After a few beats he laughed, right in my face. “How could you have
never
heard about the,” he looked around, “you know?”

“Maybe I keep to myself. Look. I don’t want to be rude, but you’re edging toward annoying. If you’ve got something to say, spit it out.”

He slipped his backpack down his arm and let it drop to the ground. He rifled through it and came up with a card. “Here it is. It’s not doing me any good because, you know, I like boys. So you might as well have it. Maybe it’ll do you some good. If you’re really quitting.”

“I’m really quitting,” I said, as I looked down at the card in his hand. I don’t know what made me reach out and take it. Maybe curiosity. Maybe the fact that my life had been almost as predictable as a hamster wheel for nearly ten years.

Wake up.

Call agent.

If there’s a morning audition, shower and find a way there. If there’s an afternoon audition, go back to bed until noon, then shower and find a way there.

Eat at the deli counter.

Report for bar duty at eight.

Work until two.

Have a drink on the house.

Here you can insert random girl hookup. I say random because I’m not interested in anyone in particular, but there’s no such thing as a night when some lush babe isn’t interested in extracurriculars with moi. I’m not in the mood every night because I’m not fourteen. At least that’s what I tell myself, maybe I’m bored with the chicks, too.

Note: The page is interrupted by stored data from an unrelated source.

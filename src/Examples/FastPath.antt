-- ===== src/Examples/FastPath.antt =====
-- A run of the fast path over an incident that is being localized.
use agent_rca.Prelude.{refl, [], ◌∷◌, List}
use agent_rca.Outcome.{Result, ok}
use agent_rca.Time.{DateTime}
use agent_rca.Incident.{Incident, received, collecting, localizing}
use agent_rca.Documents.{Evidence}
use agent_rca.Deterministic.Engine.{DeterministicDecision, default_rules}
use agent_rca.Repository.{Repository, empty}
use agent_rca.Repository.Calls.{run, create, move, gather}
use agent_rca.FastPath.{FastPathArtifacts, run_fast_path}
use agent_rca.FastPath.Settled.{IsSettled, run_fast_path-IsSettled}
use agent_rca.Examples.{sample, noon, checkout, restart, package_one, verdict}

abbrev located : Repository
located =
    run sample
      (create checkout noon
        ∷ gather "inc-checkout" (restart ∷ [])
        ∷ move "inc-checkout" received collecting noon
        ∷ move "inc-checkout" collecting localizing noon
        ∷ [])
      empty

-- a builder that gives the same documents for every decision
abbrev package_and_report :
    Incident → List Evidence → DeterministicDecision → DateTime → Result FastPathArtifacts
package_and_report i evidence d now =
    ok (record { context = package_one; report = verdict; markdown = "# Report" })

run_fast_path-IsSettled_example :
    IsSettled sample "inc-checkout" noon located
      (run_fast_path sample (default_rules sample) package_and_report "inc-checkout" noon located)
run_fast_path-IsSettled_example =
    run_fast_path-IsSettled sample "inc-checkout" noon (default_rules sample) package_and_report
      located (λ i v. refl)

Go to the pad shared with dweeb.

Sleep.

Wake up.

Well, you get it.

 

I figured I could use an adventure. Alright, well, calling a phone number on a card might not sound like much of an adventure, but he did say witches were involved. So that sounded like fertile ground for possibilities. Right?

 

You probably know what happened next.

That’s right. Not only did I not get a job out of the audition, I never had a chance to speak one word. They just took one look at me and said, “Wrong.” Then waved me off like they were the mad King George.

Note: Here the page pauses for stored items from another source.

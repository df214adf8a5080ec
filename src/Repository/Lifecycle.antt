-- ===== src/Repository/Lifecycle.antt =====
-- The lifecycle that `ALLOWED_TRANSITIONS` of src/incident_platform/repository.py imposes.
use agent_rca.Prelude.{
  ℕ, ◌+◌, ◌≤◌, String, ◌≡◌, ◌≢◌, refl, sym, ◌∙◌, Bool, true, false, some, List, [], ◌∷◌, arith,
  ◌==◌, eq_iff, ◌⊎◌, inl, inr, All, Bool-cases,
}
use agent_rca.Outcome.{Error, ok, err, invalid_transition, Result-cases}
use agent_rca.Time.{DateTime}
use agent_rca.Dict.{lookup, insert, lookup-insert, lookup-insert_self}
use agent_rca.Incident.{
  Status, received, collecting, localizing, analyzing, reported, partial, failed, Incident, allowed,
}
use agent_rca.Documents.{
  AuditEvent, AuditDetails, incident_created, status_transitioned, collection_completed,
  localization_completed, alert_resolved,
}
use agent_rca.Runtime.{Runtime}
use agent_rca.Repository.{Repository, empty, audit_of, transition}
use agent_rca.Repository.Step.{
  Step, creates, updates, touches, gathers, freezes, publishes, records, Steps, done, step,
  replay_event, Phase, fresh, broken, live,
}
use agent_rca.Repository.Step.Trail.{replay}
use agent_rca.Repository.Transitions.{transition-Moved, Moved, transition_error}
use agent_rca.Repository.Calls.{Call, IsTimed, run, run-Steps, run-IsIndexed, run-IsReplayed}

-- A transition either raises and changes nothing, or it moved the incident from the expected status to
-- an allowed successor of it and appended the matching audit event, and changed nothing else.
pub transition_lem :
    (rt : Runtime) (id : String) (expected next : Status) (now : DateTime) (r : Repository)
    → ((e : Error) × ((transition rt id expected next now r).0 ≡ err e)
        × ((transition rt id expected next now r).1 ≡ r))
      ⊎ Moved rt id expected next now r (transition rt id expected next now r).1
transition_lem rt id expected next now r =
    elim (Result-cases (transition rt id expected next now r).0) [
      | inl (e, h) ↦ inl (e, h, transition_error rt id expected next now r e h)
      | inr (u, h) ↦ inr (transition-Moved rt id expected next now r u h)
    ]

not_expected :
    (rt : Runtime) (id : String) (a b : Status) (now : DateTime) (r : Repository) (i : Incident)
    → lookup id r.incidents ≡ some i
    → i.status ≢ a
    → (transition rt id a b now r).0 ≡ err invalid_transition
unfolding transition
not_expected rt id a b now r i e n = ground arith

allowed_moves : (a b : Status) → allowed a b ≡ true → b ≢ a
unfolding allowed
allowed_moves a b h = ground arith

-- Of two callers that both expect the status `expected` of an incident, one that succeeds makes the
-- other's transition fail, whatever successor and time the other asks for.
pub transition_exclusive :
    (rt : Runtime) (id : String) (expected next other : Status) (now later : DateTime)
    (r : Repository) (u : Incident)
    → (transition rt id expected next now r).0 ≡ ok u
    → (transition rt id expected other later (transition rt id expected next now r).1).0
      ≡ err invalid_transition
transition_exclusive rt id expected next other now later r u h =
    let m = transition-Moved rt id expected next now r u h in
    not_expected rt id expected other later (transition rt id expected next now r).1
      (record m.incident { status = next; updated_at = rt.render now.instant })
      (rw m.left (lookup-insert_self id _ r.incidents))
      (λ p. allowed_moves m.incident.status next m.was_allowed (p ∙ sym m.was_expected))

-- How many transitions an incident has left at most.
abbrev pub rank : Status → ℕ
rank received = 4
rank collecting = 3
rank localizing = 2
rank analyzing = 1
rank _ = 0

abbrev transition_count : AuditDetails → ℕ
transition_count (status_transitioned a b) = 1
transition_count _ = 0

abbrev pub transitions : List AuditEvent → ℕ
transitions [] = 0
transitions (e ∷ es) = transition_count e.details + transitions es

abbrev phase_rank : Phase → ℕ
phase_rank fresh = 4
phase_rank broken = 0
phase_rank (live s) = rank s

abbrev IsLive : Phase → Type 0
IsLive (live s) = Unit
IsLive _ = ⊥

-- A legal event uses up rank.
event_rank :
    (p : Phase) (d : AuditDetails)
    → IsLive (replay_event p d)
    → transition_count d + phase_rank (replay_event p d) ≤ phase_rank p
unfolding allowed
event_rank fresh (incident_created s) h = ground arith
event_rank fresh (status_transitioned a b) h = absurd h
event_rank fresh (collection_completed a) h = absurd h
event_rank fresh (localization_completed a) h = absurd h
event_rank fresh (alert_resolved a) h = absurd h
event_rank broken d h = absurd h
event_rank (live s) (incident_created a) h = absurd h
event_rank (live s) (status_transitioned a b) h = ground arith
event_rank (live s) (collection_completed a) h = omega arith
event_rank (live s) (localization_completed a) h = omega arith
event_rank (live s) (alert_resolved a) h = omega arith

replay_broken : (es : List AuditEvent) → replay broken es ≡ broken
replay_broken [] = refl
replay_broken (e ∷ es) = replay_broken es

-- Where the whole trail is legal, what it says before any part of it is.
event_live :
    (p : Phase) (d : AuditDetails) (es : List AuditEvent) (s : Status)
    → replay (replay_event p d) es ≡ live s
    → (replay_event p d ≡ fresh → ⊥)
    → IsLive (replay_event p d)
event_live p d es s h n = case (replay_event p d) h n
  where
    case : (q : Phase) → replay q es ≡ live s → (q ≡ fresh → ⊥) → IsLive q
    case fresh k m = absurd (m refl)
    case broken k m = cc (replay_broken es)
    case (live t) k m = tt

never_fresh : (p : Phase) (d : AuditDetails) → replay_event p d ≡ fresh → ⊥
never_fresh fresh (incident_created s) h = cc
never_fresh fresh (status_transitioned a b) h = cc
never_fresh fresh (collection_completed a) h = cc
never_fresh fresh (localization_completed a) h = cc
never_fresh fresh (alert_resolved a) h = cc
never_fresh broken d h = cc
never_fresh (live s) (incident_created a) h = cc
never_fresh (live s) (status_transitioned a b) h = ground arith
never_fresh (live s) (collection_completed a) h = cc
never_fresh (live s) (localization_completed a) h = cc
never_fresh (live s) (alert_resolved a) h = cc

trail_rank :
    (p : Phase) (es : List AuditEvent) (s : Status)
    → replay p es ≡ live s
    → transitions es + rank s ≤ phase_rank p
trail_rank p [] s h = ground arith
trail_rank p (e ∷ es) s h = omega (
  arith,
  event_rank p e.details (event_live p e.details es s h (never_fresh p e.details)),
  trail_rank (replay_event p e.details) es s h,
)

-- After any calls that give creation a time with a timezone, an incident has made at most four
-- transitions: those of its audit trail and the rank of its status (4 for RECEIVED down to 1 for
-- ANALYZING, 0 for a final status) add up to at most four.
pub transitions_bounded :
    (rt : Runtime) (cs : List Call)
    → All IsTimed cs
    → (id : String) (i : Incident) → lookup id (run rt cs empty).incidents ≡ some i
    → transitions (audit_of id (run rt cs empty)) + rank i.status ≤ 4
transitions_bounded rt cs t id i e =
    trail_rank fresh (audit_of id (run rt cs empty)) i.status (run-IsReplayed rt cs t id i e)

abbrev pub is_final : Status → Bool
is_final reported = true
is_final partial = true
is_final failed = true
is_final _ = false

final_event :
    (s t : Status) (d : AuditDetails) → is_final s ≡ true → replay_event (live s) d ≡ live t → t ≡ s
unfolding allowed
final_event s t (incident_created a) f h = cc
final_event s t (status_transitioned a b) f h = ground arith
final_event s t (collection_completed a) f h = cc
final_event s t (localization_completed a) f h = cc
final_event s t (alert_resolved a) f h = cc

-- The status of a known incident, if it is final, is what it was.
abbrev StaysFinal : Repository → Repository → Type 0
StaysFinal r s =
    (id : String) (i : Incident)
    → lookup id r.incidents ≡ some i
    → is_final i.status ≡ true
    → (j : Incident) × (lookup id s.incidents ≡ some j) × (j.status ≡ i.status)

replaced_final :
    (r : Repository) (key : String) (i j : Incident)
    → lookup key r.incidents ≡ some i
    → (is_final i.status ≡ true → j.status ≡ i.status)
    → (id : String) (k : Incident) → lookup id r.incidents ≡ some k
    → is_final k.status ≡ true
    → (l : Incident) × (lookup id (insert key j r.incidents) ≡ some l) × (l.status ≡ k.status)
replaced_final r key i j there stays id k e f = elim (Bool-cases (key == id)) [
  | inl hit ↦ (j, rw (lookup-insert, hit) refl, ground (arith, eq_iff key id))
  | inr miss ↦ (k, rw (lookup-insert, miss) e, refl)
]

Step-StaysFinal : {r s : Repository} → Step r s → StaysFinal r s
Step-StaysFinal {r} (creates i stamp new free e) =
    λ id k p f. rw e (k, rw lookup-insert (ground (arith, eq_iff i.incident_id id)), refl)
Step-StaysFinal {r} (updates id i j d stamp there same legal e) =
    rw e (replaced_final r id i j there (λ f. final_event i.status j.status d f legal))
Step-StaysFinal {r} (touches id i j there same still e) =
    rw e (replaced_final r id i j there (λ f. still))
Step-StaysFinal (gathers id x own there fits e) = rw e (λ id k p f. (k, p, refl))
Step-StaysFinal (freezes c there known fits e) = rw e (λ id k p f. (k, p, refl))
Step-StaysFinal (publishes p markdown c there own cited kept e) = rw e (λ id k q f. (k, q, refl))
Step-StaysFinal (records a c there own fits e) = rw e (λ id k p f. (k, p, refl))

Steps-StaysFinal : {r s : Repository} → Steps r s → StaysFinal r s
Steps-StaysFinal done = λ id i e f. (i, e, refl)
Steps-StaysFinal (step x p) = λ id i e f.
    let (j, there, same) = Step-StaysFinal x id i e f in
    let (k, still, eq) = Steps-StaysFinal p id j there (rw same f) in (k, still, eq ∙ same)

-- From a state reached by calls that give creation a time with a timezone, an incident in a final
-- status is in that status after any further such calls.
pub final_absorbs :
    (rt : Runtime) (cs ds : List Call)
    → All IsTimed cs
    → All IsTimed ds
    → (id : String) (i : Incident) → lookup id (run rt cs empty).incidents ≡ some i
    → is_final i.status ≡ true
    → (j : Incident) × (lookup id (run rt ds (run rt cs empty)).incidents ≡ some j)
      × (j.status ≡ i.status)
final_absorbs rt cs ds t u =
    Steps-StaysFinal (run-Steps rt ds (run rt cs empty) u (run-IsIndexed rt cs t))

Did I say I’d be done? Well, I’m a man of my word.

Usually.

So done. Done. Done.

Got an Uber home and he probably gave me a bad review because I really did not feel chatty. Usually I sit in the front seat and try to make the day a little less long for people trying to eke out a subsistence living. Especially since I know that for a lot of them, it’s a second job and the mileage is steadily ticking toward the reaper. That means the inevitable day when that vehicle is going to need tires and / or repairs that outdistance driver proceeds.

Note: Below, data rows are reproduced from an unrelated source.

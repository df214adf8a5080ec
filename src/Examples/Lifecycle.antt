-- ===== src/Examples/Lifecycle.antt =====
-- Runs of the repository's lifecycle, and its theorems at them.
use agent_rca.Prelude.{
  String, ◌+◌, ◌≤◌, ◌≡◌, refl, true, false, some, List, [], ◌∷◌, ◌⊎◌, All, ◌≢◌, none, ap, eq_iff,
}
use agent_rca.Outcome.{ok, err, invalid_transition, value_error, Error}
use agent_rca.Dict.{lookup, insert, has}
use agent_rca.Incident.{received, collecting, failed, Incident, Status-discrete, allowed}
use agent_rca.Json.{field, end, bool, text, number}
use agent_rca.Json.Equality.{compared}
use agent_rca.Documents.{Evidence, compared_evidence}
use agent_rca.Repository.{
  Repository, empty, audit_of, admit, transition, create_or_get_by_deduplication_key, evidence_of,
}
use agent_rca.Repository.Documents.{check_evidence, put_evidence, store_evidence, write_evidence}
use agent_rca.Repository.Step.{live, fresh}
use agent_rca.Repository.Step.Index.{IsIndexed}
use agent_rca.Repository.Step.Trail.{replay}
use agent_rca.Repository.Step.Permanence.{Keeps}
use agent_rca.Repository.Step.Citations.{IsCited}
use agent_rca.Repository.Transitions.{Moved}
use agent_rca.Repository.Creation.{create_again, create_naive}
use agent_rca.Repository.Storing.{store_evidence_partial}
use agent_rca.Repository.Calls.{
  Call, create, move, gather, IsTimed, run, run-IsIndexed, run-IsReplayed, run-IsCited, run-Keeps,
}
use agent_rca.Repository.Lifecycle.{
  transition_lem, transition_exclusive, transitions, rank, transitions_bounded, final_absorbs,
}
use agent_rca.Examples.{noon, naive, sample, checkout, opening, story, moved_to, restart}

opening_status :
    lookup "inc-checkout" (run sample opening empty).incidents ≡ some (moved_to collecting)
unfolding run create_or_get_by_deduplication_key transition empty lookup insert allowed
    Status-discrete
opening_status = refl

opening-IsTimed : All IsTimed opening
opening-IsTimed = (refl, (tt, tt))

story-IsTimed : All IsTimed story
story-IsTimed = (refl, (tt, (tt, (tt, (tt, tt)))))

run-IsIndexed_example : IsIndexed (run sample opening empty)
run-IsIndexed_example = run-IsIndexed sample opening opening-IsTimed

run-IsReplayed_example :
    replay fresh (audit_of "inc-checkout" (run sample opening empty)) ≡ live collecting
run-IsReplayed_example =
    run-IsReplayed sample opening opening-IsTimed "inc-checkout" (moved_to collecting)
      opening_status

run-IsCited_example : IsCited (run sample story empty)
run-IsCited_example = run-IsCited sample story story-IsTimed

run-Keeps_example : Keeps (run sample story empty) (run sample opening (run sample story empty))
run-Keeps_example = run-Keeps sample story opening story-IsTimed opening-IsTimed

transitions_bounded_example :
    transitions (audit_of "inc-checkout" (run sample opening empty)) + rank collecting ≤ 4
transitions_bounded_example =
    transitions_bounded sample opening opening-IsTimed "inc-checkout" (moved_to collecting)
      opening_status

abbrev stopped : List Call
stopped = create checkout noon ∷ move "inc-checkout" received failed noon ∷ []

stopped_status : lookup "inc-checkout" (run sample stopped empty).incidents ≡ some (moved_to failed)
unfolding run create_or_get_by_deduplication_key transition empty lookup insert allowed
    Status-discrete
stopped_status = refl

final_absorbs_example :
    (j : Incident) × (lookup "inc-checkout"
        (run sample opening (run sample stopped empty)).incidents
      ≡ some j)
    × (j.status ≡ failed)
final_absorbs_example =
    final_absorbs sample stopped opening (refl, (tt, tt)) opening-IsTimed "inc-checkout"
      (moved_to failed) stopped_status refl

-- The repository with one incident.
abbrev opened : Repository
opened = run sample (create checkout noon ∷ []) empty

transition_lem_example :
    ((e : Error) × ((transition sample "inc-checkout" received collecting noon opened).0 ≡ err e)
      × ((transition sample "inc-checkout" received collecting noon opened).1 ≡ opened))
    ⊎ Moved sample "inc-checkout" received collecting noon opened
        (transition sample "inc-checkout" received collecting noon opened).1
transition_lem_example = transition_lem sample "inc-checkout" received collecting noon opened

collecting_result :
    (transition sample "inc-checkout" received collecting noon opened).0 ≡ ok (moved_to collecting)
unfolding run create_or_get_by_deduplication_key transition empty lookup insert allowed
    Status-discrete
collecting_result = refl

transition_exclusive_example :
    (transition sample "inc-checkout" received failed noon
      (transition sample "inc-checkout" received collecting noon opened).1).0
    ≡ err invalid_transition
transition_exclusive_example =
    transition_exclusive sample "inc-checkout" received collecting failed noon noon opened
      (moved_to collecting) collecting_result

creation_result :
    (create_or_get_by_deduplication_key sample checkout noon empty).0 ≡ ok (checkout, true)
unfolding create_or_get_by_deduplication_key empty lookup insert
creation_result = refl

create_again_example :
    create_or_get_by_deduplication_key sample checkout noon
      (create_or_get_by_deduplication_key sample checkout noon empty).1
    ≡ (ok (checkout, false), (create_or_get_by_deduplication_key sample checkout noon empty).1)
create_again_example =
    create_again sample checkout checkout noon noon empty checkout true creation_result refl refl

no_key : lookup "alertmanager:checkout" empty.incident_id_by_deduplication_key ≡ none
unfolding empty lookup
no_key = refl

no_incident : lookup "inc-checkout" empty.incidents ≡ none
unfolding empty lookup
no_incident = refl

create_naive_example :
    create_or_get_by_deduplication_key sample checkout naive empty
    ≡ (err value_error, admit checkout empty)
create_naive_example = create_naive sample checkout naive empty refl refl no_key no_incident

-- One Evidence item of an incident that already has another under the id "ev-flow".
abbrev flow : Evidence
flow = record restart { evidence_id = "ev-flow" }

abbrev other_flow : Evidence
other_flow = record restart { evidence_id = "ev-flow"; kind = "flow" }

abbrev gathered : Repository
gathered = run sample (create checkout noon ∷ gather "inc-checkout" (other_flow ∷ []) ∷ []) empty

checked : check_evidence sample "inc-checkout" (restart ∷ flow ∷ []) ≡ ok tt
unfolding check_evidence
checked = refl

gathered_there : has "inc-checkout" gathered.incidents ≡ true
unfolding run create_or_get_by_deduplication_key store_evidence empty lookup insert write_evidence
    check_evidence
gathered_there = refl

gathered_free : lookup "ev-restart" (evidence_of "inc-checkout" gathered) ≡ none
unfolding run create_or_get_by_deduplication_key store_evidence empty lookup insert write_evidence
    check_evidence
gathered_free = refl

gathered_taken : lookup "ev-flow" (evidence_of "inc-checkout" gathered) ≡ some other_flow
unfolding run create_or_get_by_deduplication_key store_evidence empty lookup insert write_evidence
    check_evidence
gathered_taken = refl

other_kind : compared_evidence other_flow ≢ compared_evidence flow
other_kind = λ p. absurd (differ (ap (λ e. e.kind) p))
  where
    differ : ◌≢◌ {A = String} "flow" "event"
    differ = λ q. cc ((eq_iff "flow" "event").1 q)

store_evidence_partial_example :
    store_evidence sample "inc-checkout" (restart ∷ flow ∷ []) gathered
    ≡ (err invalid_transition, put_evidence "inc-checkout" restart gathered)
store_evidence_partial_example =
    store_evidence_partial sample "inc-checkout" restart flow other_flow gathered gathered_there
      checked gathered_free gathered_taken other_kind
      (λ q. cc ((eq_iff "ev-restart" "ev-flow").1 q))

-- `==` tells neither the order of the fields nor 1 from `True`.
equal_facts :
    compared_evidence
      (record restart { facts = field "ready" (bool true) (field "node" (text "n1") end) })
    ≡ compared_evidence
        (record restart { facts = field "node" (text "n1") (field "ready" (number 1) end) })
unfolding compared
equal_facts = refl
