-- ===== src/Sort/Texts.antt =====
-- The order of texts by code points: it is total, transitive and antisymmetric.
use Prim.Native.Nat.{Ordering}
use Prim.Native.String.compare
use Prim.Native.String.{compare}
use text.Mathlib.TextEquality.{path_by_compare}
use agent_rca.Prelude.{String, ◌≡◌, true, false, arith}
use agent_rca.Sort.{text_le}

pub text_le_total : (s t : String) → text_le s t ≡ false → text_le t s ≡ true
text_le_total String.[] String.[] h = ground (arith, compare.nil-nil)
text_le_total String.[] (String.◌∷◌ d t) h = ground (arith, compare.nil-cons d t)
text_le_total (String.◌∷◌ c s) String.[] h = ground (arith, compare.nil-cons c s)
text_le_total (String.◌∷◌ c s) (String.◌∷◌ d t) h =
    ground (arith, text_le_total s t, compare.cons-cons c d s t, compare.cons-cons d c t s)

pub text_le_trans : (s t u : String) → text_le s t ≡ true → text_le t u ≡ true → text_le s u ≡ true
text_le_trans String.[] _ String.[] h k = ground (arith, compare.nil-nil)
text_le_trans String.[] _ (String.◌∷◌ e u) h k = ground (arith, compare.nil-cons e u)
text_le_trans (String.◌∷◌ c s) String.[] _ h k = ground (arith, compare.cons-nil c s)
text_le_trans (String.◌∷◌ c s) (String.◌∷◌ d t) String.[] h k = ground (arith, compare.cons-nil d t)
text_le_trans (String.◌∷◌ c s) (String.◌∷◌ d t) (String.◌∷◌ e u) h k = ground (
  arith,
  text_le_trans s t u,
  compare.cons-cons c d s t,
  compare.cons-cons d e t u,
  compare.cons-cons c e s u,
)

both_le : (s t : String) → text_le s t ≡ true → text_le t s ≡ true → compare s t ≡ Ordering.eq
both_le String.[] String.[] h k = compare.nil-nil
both_le String.[] (String.◌∷◌ d t) h k = ground (arith, compare.cons-nil d t)
both_le (String.◌∷◌ c s) String.[] h k = ground (arith, compare.cons-nil c s)
both_le (String.◌∷◌ c s) (String.◌∷◌ d t) h k =
    ground (arith, both_le s t, compare.cons-cons c d s t, compare.cons-cons d c t s)

pub text_le_antisym : (s t : String) → text_le s t ≡ true → text_le t s ≡ true → s ≡ t
text_le_antisym s t h k = path_by_compare s t (both_le s t h k)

Come to think of it, I’m done with this city, too. I mean, who knows? Maybe the worst thing that could have happened to me was making it. I don’t want to be the guy who buys five-thousand-dollar pants and quibbles over whether I’m going to make eighty million or eighty one million for a month’s work. Jesus.

So Uber man, who really was a nice enough sort, pulled over to the curb of my shitty built-in-the-fifties-and-not-well-maintained apartment building. I saw him lean out and look. While he was doing his dashboard computer thing, I tried to see it through his eyes.

Sure. I could say something like, “It’s not a nice address, but it’s a funky address, goddamn it,” but who would I be kidding. It’s shit. That’s what I’ve made of the last ten years, the potentially most productive, conclusively most marketable years of my entire life. Shit.